Он приложил палец к губам.
— Жить бы хорошо не в отеле, а во флигеле. Есть тут где-нибудь флигель? Нет? Нужно подыскать. И чтобы я не слышал про разных наглых… Боже, как ты похудела! Лечить тебя буду не лекарствами, а отварами трав, как мама меня лечила на Украине. А сейчас будем пить чай. Сестра мне передала крыжовенное варенье — твое любимое, да? А что твои? Не ждали меня? Однако как медленно, как медленно ты идешь!
— Петя! Я утром еще не могла сделать и шагу!
— А я еще несколько дней назад не думал, что сюда приеду! Понимаешь, теперь все другое — и у тебя, и у меня. Только не знаю, как мы обойдемся без флигеля. Я так часто представлял себе этот флигель, словно только там возможно что-то, что-то настоящее… В сущности, идиотизм.
В холле небольшого отеля к ним выбежал лоснящийся, круглый черноволосый хозяин, без конца повторяющий слова, похожие на русские «грациозно» и «симпатично». Прибежали и охающие родители, не знающие, чему больше радоваться — приезду ли долгожданного гостя, внезапному ли выздоровлению дочери…
Видимо, в честь русских в холле завели граммофон, и глуховатый бас, подвывая, с напряженным и чуть смешным чувством вывел: «Тебя любить, обнять и плакать… и плакать… и плакать…» (валик заело).
— Послушай, да где же я, наконец, смогу тебя обнять? — с улыбкой шепнул Петр Андреевич. Неразберихи, шуму, людей тут было еще больше, чем в большом доме под Рязанью.
— Я тоже все время вспоминала наш флигель, — откликнулась она с растерянной улыбкой. — И тоже не представляю, как без него… А знаешь, тут недавно был Валентин Серов. Разыскивал графиню Орлову, а она уже упорхнула в Париж. Никак не может закончить ее портрет.
— Молодец, что приехал. Чуть зазеваешься — перехватят.
Доктор и Нина рассмеялись, и она, как бывало прежде, с наивным восхищением переспросила:
— Перехватят, да?
И оба стали смеяться уже беспричинно, снимая напряжение и волнение встречи.

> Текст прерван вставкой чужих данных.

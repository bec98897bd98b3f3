-- ===== src/Orswot/SafeUpdates.antt =====
-- Safe versions: updates (datacake-crdt/src/orswot.rs).
use mathlib.Core.Path.{subst}
use datacake.Base.{
  ℕ, zero, suc, ◌≡◌, refl, Bool, none, some, List, [], ◌∷◌, arith, inl, inr, ◌==◌, ==_iff,
  Bool-cases, Option-cases, ◌≤◌, ◌<◌, ◌^◌, get_elem?, set,
}
use datacake.Base.Result.{◌>>=◌}
use datacake.Base.Ord.{nat_ord}
use datacake.Base.Assoc.{get}
use datacake.Timestamp.Fields.{HlcTimestamp, node, node_lem}
use datacake.Orswot.Observed.{get_elem?-set}
use datacake.Orswot.Safety.{
  Filed, AllFiled, Filed-insert, first_stamp_lem, node-le, IsSafe, compute_safe_last_stamp-IsSafe,
  Grows, grow-IsSafe, insert_grows,
}
use datacake.Orswot.Versions.{
  NodeVersions, seen, compute_safe_last_stamp, update_source, try_update_max_stamp,
}

seen-le_of_none :
    (ts : HlcTimestamp) (m : List (ℕ × HlcTimestamp))
    → get (node ts) m ≡ none
    → seen (node ts) m ≤ ts
unfolding seen
seen-le_of_none ts m e = ground (arith, first_stamp_lem (node ts), node-le ts)

pub seen_of_some :
    (n : ℕ) (m : List (ℕ × HlcTimestamp)) (last : HlcTimestamp)
    → get n m ≡ some last
    → seen n m ≡ last
unfolding seen
seen_of_some n m last e = ground arith

-- A write of a source files the stamp, and lowers nothing.
pub update_source_grows :
    (ts : HlcTimestamp) (m : List (ℕ × HlcTimestamp))
    → ts < 2 ^ 64
    → Filed m
    → Filed (update_source ts m).0 × ((n : ℕ) → seen n m ≤ seen n (update_source ts m).0)
unfolding update_source
update_source_grows ts m b f = elim (Option-cases (get (node ts) m)) [
  | inl e ↦ (
    ground (arith, Filed-insert (node ts) ts m refl b f),
    λ n. ground (arith, insert_grows n (node ts) ts m (seen-le_of_none ts m e)),
  )
  | inr (last, e) ↦
      let old = seen_of_some (node ts) m last e in
      (
        ground (arith, Filed-insert (node ts) ts m refl b f),
        λ n. ground (arith, old, insert_grows n (node ts) ts m),
      )
]

set-AllFiled :
    (maxes : List (List (ℕ × HlcTimestamp))) (i : ℕ) (m : List (ℕ × HlcTimestamp))
    → AllFiled maxes
    → Filed m
    → AllFiled (set maxes i m)
set-AllFiled [] i m a f = tt
set-AllFiled (x ∷ xs) zero m a f = (f, a.1)
set-AllFiled (x ∷ xs) (suc i) m a f = (a.0, set-AllFiled xs i m a.1 f)

get-AllFiled :
    (maxes : List (List (ℕ × HlcTimestamp))) (i : ℕ) (m : List (ℕ × HlcTimestamp))
    → AllFiled maxes
    → get_elem? maxes i ≡ some m
    → Filed m
get-AllFiled [] i m a e = absurd (ground arith)
get-AllFiled (x ∷ xs) zero m a e = let same : x ≡ m = cc in subst Filed same a.0
get-AllFiled (x ∷ xs) (suc i) m a e = get-AllFiled xs i m a.1 e

set-Grows :
    (maxes : List (List (ℕ × HlcTimestamp))) (source : ℕ) (m m' : List (ℕ × HlcTimestamp))
    → get_elem? maxes source ≡ some m
    → ((n : ℕ) → seen n m ≤ seen n m')
    → Grows maxes (set maxes source m')
set-Grows maxes source m m' e le i x h = elim (Bool-cases (source == i)) [
  | inl here ↦
      let new : x ≡ m' = ground (arith, get_elem?-set maxes source i m m' e) in
      (m, ground (arith, (==_iff source i).0 here), λ n. rw new (le n))
  | inr away ↦ (x, ground (arith, get_elem?-set maxes source i m m' e), λ n. omega arith)
]

-- The versions after an update.
updated : ℕ → HlcTimestamp → List (ℕ × HlcTimestamp) → NodeVersions → NodeVersions
updated source ts m v =
    compute_safe_last_stamp (node ts)
      (record v { nodes_max_stamps = set v.nodes_max_stamps source (update_source ts m).0 })

try_update-updated :
    (source : ℕ) (ts : HlcTimestamp) (v : NodeVersions) (m : List (ℕ × HlcTimestamp))
    → get_elem? v.nodes_max_stamps source ≡ some m
    → try_update_max_stamp source ts v ≡ some (updated source ts m v, (update_source ts m).1)
unfolding try_update_max_stamp updated
try_update-updated source ts v m known = rw (known, ◌>>=◌)

updated-IsSafe :
    (source : ℕ) (ts : HlcTimestamp) (v : NodeVersions) (m : List (ℕ × HlcTimestamp))
    → ts < 2 ^ 64
    → IsSafe v
    → get_elem? v.nodes_max_stamps source ≡ some m
    → IsSafe (updated source ts m v)
unfolding updated
updated-IsSafe source ts v m h safe known =
    let m' = (update_source ts m).0 in
    let g =
      update_source_grows ts m h (get-AllFiled v.nodes_max_stamps source m safe.filed known) in
    let maxes' = set v.nodes_max_stamps source m' in
    compute_safe_last_stamp-IsSafe (node ts) (record v { nodes_max_stamps = maxes' })
      (omega (arith, node_lem ts))
      (grow-IsSafe v maxes' (set-AllFiled v.nodes_max_stamps source m' safe.filed g.0)
        (set-Grows v.nodes_max_stamps source m m' known g.1) safe)

-- An update with a timestamp that fits a word keeps the versions safe, accepted or not.
pub try_update-IsSafe :
    (source : ℕ) (ts : HlcTimestamp) (v : NodeVersions) {v' : NodeVersions} {b : Bool}
    → ts < 2 ^ 64
    → IsSafe v
    → try_update_max_stamp source ts v ≡ some (v', b)
    → IsSafe v'
try_update-IsSafe source ts v {v'} {b} h safe e =
    elim (Option-cases (get_elem? v.nodes_max_stamps source)) [
      | inl unknown ↦ absurd (unfold try_update_max_stamp in ground arith)
      | inr (m, known) ↦
          let same : updated source ts m v ≡ v' = cc (try_update-updated source ts v m known) in
          subst IsSafe same (updated-IsSafe source ts v m h safe known)
    ]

Здесь, в Фальконаре, были другие сумерки, другой воздух, другие приборы на безукоризненно сервированном столе, и чай пили не из самовара, а подавал его в чашках хлопотливый кругленький хозяин. Но боль, любовь, досада, ревность, жалость, прощение — они были прежними, российскими, безудержными и жгучими.
Словом, самый обычный случай из российской практики, столь банальный, что вошел даже в психологический практикум новейшего издания, и рассеянный по романам и повестям, написанным в разное время разными людьми.